▶ [EXERCISE] Beginning at the top of the data below, write out every line exactly until you reach the line with "-- Under DROP the", and include that line.

▶ [GIVEN DATA]
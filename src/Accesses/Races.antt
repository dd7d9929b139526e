-- ===== src/Accesses/Races.antt =====
-- Under DROP the align thread may give a frame up while the consumer, which has found it in the
-- index, is about to copy into it: orders of the accesses that lead to a null pointer, and to a
-- frame that is free and not empty.
use dpdk_udp_receiver.Common.{
  ℕ, ◌<◌, ◌≡◌, ◌∙◌, refl, ap, arith, true, none, some, [], ◌∷◌, ◌++◌, ok, fault, update,
  update_self, times, ==_iff, length,
}
use dpdk_udp_receiver.Dpdk.{Dpdk, Lawful}
use dpdk_udp_receiver.Dpdk.Laws.{dequeue-cons, times-put}
use dpdk_udp_receiver.Channel.{Config, Packet, Frame, Channel, pack_num, index_size}
use dpdk_udp_receiver.Assemble.{Consumer, up}
use dpdk_udp_receiver.Align.{timed_out, drop_frame, pass_on}
use dpdk_udp_receiver.Send.{Sender}
use dpdk_udp_receiver.Pipeline.Aligns.{frame_seq-zero_rows}
use dpdk_udp_receiver.Accesses.{
  Point, away, fills, adds, seeks, tests, cleans, passes, idles, builds, empties, clears, puts,
  through, add_one, access_at, consumer_access, align_access, build, empty_frame, send_access,
  Threads, consumes, aligns, sends, Run, here, next,
}
use dpdk_udp_receiver.Accesses.Slots.{through-some}

-- Any state may come before a step.
abbrev pub Anything : {d : Dpdk} → Threads d → Type 0
Anything x = Unit {0}

module _ (cfg : Config) (d : Dpdk) where
  -- The index leads from the packet `p` to the frame `f`, which lacks packets; the align thread has
  -- waited for `f` from `begun` on, too long by `tsc`; and `ring3_4` is empty.
  pub record IsLate (c : Channel d) (p : Packet) (f begun tsc : ℕ) : Type 0 where
    pub dropping : cfg.drop ≡ true
    pub looked_up : c.index p.frame_seq ≡ some f
    pub named : (c.frames f).frame_seq ≡ p.frame_seq
    pub in_index : p.frame_seq < index_size
    pub short : (c.frames f).count < (c.frames f).packet_num
    pub late : timed_out begun tsc ≡ true
    pub none_passed : d.objects c.ring3_4 ≡ []
    pub room : 0 < d.capacity c.ring3_4

  -- The consumer stands at `l` with the packet `p`, the align thread tests `f`, the send thread has
  -- nothing to do.
  abbrev pub meeting : Point → Channel d → Packet → Consumer → ℕ → ℕ → Sender → Threads d
  meeting l c p k f begun s = record {
    chan = c;
    taking = record { place = l; packet = p; locals = k };
    aligning = tests (record { frame = f; prev_tsc = begun });
    sending = idles;
    sender = s;
  }

  module _ (l : Point) (c : Channel d) (p : Packet) (k : Consumer) (f begun tsc : ℕ) (s : Sender)
      (h : IsLate c p f begun tsc) where
    gives_up :
        align_access cfg d tsc (c, tests (record { frame = f; prev_tsc = begun })) ≡ (c, cleans f)
    unfolding align_access
    gives_up = ground (arith, h.dropping, h.late, h.short)

    -- The channel when the frame has been given up and passed on.
    abbrev passed : Channel d
    passed = pass_on cfg d f (drop_frame cfg d f c)

    queued : (laws : Lawful d) → d.objects passed.ring3_4 ≡ f ∷ []
    unfolding pass_on drop_frame
    queued laws =
        (laws.enqueue_room f c.ring3_4 (omega (arith, h.room, ap (length {0}) h.none_passed))).1
        ∙ ap (λ os. os ++ f ∷ []) h.none_passed

    -- When the send thread has emptied it.
    abbrev emptied : d.Ring → Channel d
    emptied rest = empty_frame cfg d f (record passed { ring3_4 = rest })

    abbrev after : d.Ring → Threads d
    after rest = record {
      chan = emptied rest;
      taking = record { place = l; packet = p; locals = k };
      aligning = seeks;
      sending = clears f;
      sender = build cfg d f (record passed { ring3_4 = rest }) s;
    }

    Run-emptied :
        (rest : d.Ring)
        → d.dequeue passed.ring3_4 ≡ some (f, rest)
        → Run cfg d Anything (meeting l c p k f begun s) (after rest)
    unfolding align_access send_access
    Run-emptied rest got =
        next
          (next
            (next
              (next
                (next (next here tt (aligns tsc c (cleans f) gives_up)) tt
                  (aligns tsc (drop_frame cfg d f c) (passes f) refl))
                tt (aligns tsc passed seeks refl))
              tt
              (sends (record passed { ring3_4 = rest }) (builds f) s (rw (got, send_access) refl)))
            tt (sends _ (empties f) _ refl))
          tt (sends _ (clears f) _ refl)

    emptied-index : (rest : d.Ring) → (emptied rest).index p.frame_seq ≡ some f
    unfolding empty_frame pass_on drop_frame
    emptied-index rest = h.looked_up

    emptied-number : (rest : d.Ring) → ((emptied rest).frames f).frame_seq ≡ p.frame_seq
    unfolding empty_frame pass_on drop_frame
    emptied-number rest =
        ap (λ (g : Frame). g.frame_seq) (update_self passed.frames f _)
        ∙ ap (λ (g : Frame). g.frame_seq) (update_self c.frames f _)
        ∙ frame_seq-zero_rows pack_num 0 (c.frames f)
        ∙ h.named

    emptied-count : (rest : d.Ring) → ((emptied rest).frames f).count ≡ 0
    unfolding empty_frame
    emptied-count rest = ap (λ (g : Frame). g.count) (update_self passed.frames f _)

    -- The slot of a frame with the number of `p` is cleared.
    clears-slot :
        (e : Channel d) (t : Sender)
        → (e.frames f).frame_seq ≡ p.frame_seq
        → send_access cfg d (e, clears f, t)
          ≡ ok (record e { index = update e.index (e.frames f).frame_seq none }, puts f, t)
    unfolding send_access
    clears-slot e t same = ground (arith, same, h.in_index)

-- The copy of a later packet reads its slot anew.
cleared-fault :
    (cfg : Config) (d : Dpdk) (e : Channel d) (p : Packet) (k : Consumer) (q : ℕ)
    → q ≡ p.frame_seq
    → consumer_access cfg d (
      record e { index = update e.index q none },
      record { place = fills; packet = p; locals = k },
    )
      ≡ fault
unfolding consumer_access access_at through
cleared-fault cfg d e p k q same = ground (arith, ==_iff q p.frame_seq)

-- Under DROP: where the consumer has found the frame of its packet in the index and is about to
-- copy into it, while the align thread has waited for this frame too long, there is an order of
-- the accesses after which the consumer dereferences a null pointer.
pub IsLate-fault :
    (cfg : Config) (d : Dpdk) (laws : Lawful d) (c : Channel d) (p : Packet) (k : Consumer)
    (f begun tsc : ℕ) (s : Sender)
    → IsLate cfg d c p f begun tsc
    → (y : Threads d) × Run cfg d Anything (meeting cfg d fills c p k f begun s) y
      × (consumer_access cfg d (y.chan, y.taking) ≡ fault)
IsLate-fault cfg d laws c p k f begun tsc s h =
    let (rest, got, none_left) =
      dequeue-cons d laws f [] _ (queued cfg d fills c p k f begun tsc s h laws) in
    let e = emptied cfg d fills c p k f begun tsc s h rest in
    let number = emptied-number cfg d fills c p k f begun tsc s h rest in
    (
      record (after cfg d fills c p k f begun tsc s h rest) {
        chan = record e { index = update e.index (e.frames f).frame_seq none };
        sending = puts f;
      },
      next (Run-emptied cfg d fills c p k f begun tsc s h rest got) tt
          (sends _ _ _ (clears-slot cfg d fills c p k f begun tsc s h e _ number)),
      cleared-fault cfg d e p k (e.frames f).frame_seq number,
    )

-- Under DROP: where the consumer has copied a packet and is about to count it, while the align
-- thread has waited for this frame too long, there is an order of the accesses after which the
-- frame is free, and its count is one and not zero.
pub IsLate-count :
    (cfg : Config) (d : Dpdk) (laws : Lawful d) (c : Channel d) (p : Packet) (k : Consumer)
    (f begun tsc : ℕ) (s : Sender)
    → IsLate cfg d c p f begun tsc
    → (y : Threads d) × Run cfg d Anything (meeting cfg d adds c p k f begun s) y
      × (0 < times f (d.free y.chan.frame_pool))
      × ((y.chan.frames f).count ≡ 1)
unfolding consumer_access access_at add_one send_access
IsLate-count cfg d laws c p k f begun tsc s h =
    let (rest, got, none_left) =
      dequeue-cons d laws f [] _ (queued cfg d adds c p k f begun tsc s h laws) in
    let e = emptied cfg d adds c p k f begun tsc s h rest in
    let g : Frame = record (e.frames f) { count = up (e.frames f).count } in
    let counted : Channel d = record e { frames = update e.frames f g } in
    let x = after cfg d adds c p k f begun tsc s h rest in
    let index = emptied-index cfg d adds c p k f begun tsc s h rest in
    let number = emptied-number cfg d adds c p k f begun tsc s h rest in
    let out : Channel d = record counted {
      index = update e.index (counted.frames f).frame_seq none;
    } in
    let free : Channel d = record out {
      frame_pool = d.put f out.frame_pool;
      sent_frame = up out.sent_frame;
    } in
    let done = through-some d e p.frame_seq f add_one g index refl in
    (
      record x {
        chan = free;
        taking = record { place = away; packet = p; locals = k };
        sending = idles;
      },
      next
          (next
            (next (Run-emptied cfg d adds c p k f begun tsc s h rest got) tt
              (consumes counted (record { place = away; packet = p; locals = k }) (rw done refl)))
            tt
            (sends out (puts f) x.sender (
              clears-slot cfg d adds c p k f begun tsc s h counted x.sender
                (ap (λ (v : Frame). v.frame_seq) (update_self e.frames f g) ∙ number))))
          tt (sends free idles x.sender refl),
      ground (arith, times-put d laws f f out.frame_pool, ==_iff f f),
      ap (λ (v : Frame). v.count) (update_self e.frames f g)
          ∙ ap up (emptied-count cfg d adds c p k f begun tsc s h rest),
    )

▶ [OUTPUT OF THE EXERCISE]
filename src/Accesses/Races.antt
repository dd7d9929b139526e
-- ===== src/Accesses/Races.antt =====
-- Under DROP the align thread may give a frame up while the consumer, which has found it in the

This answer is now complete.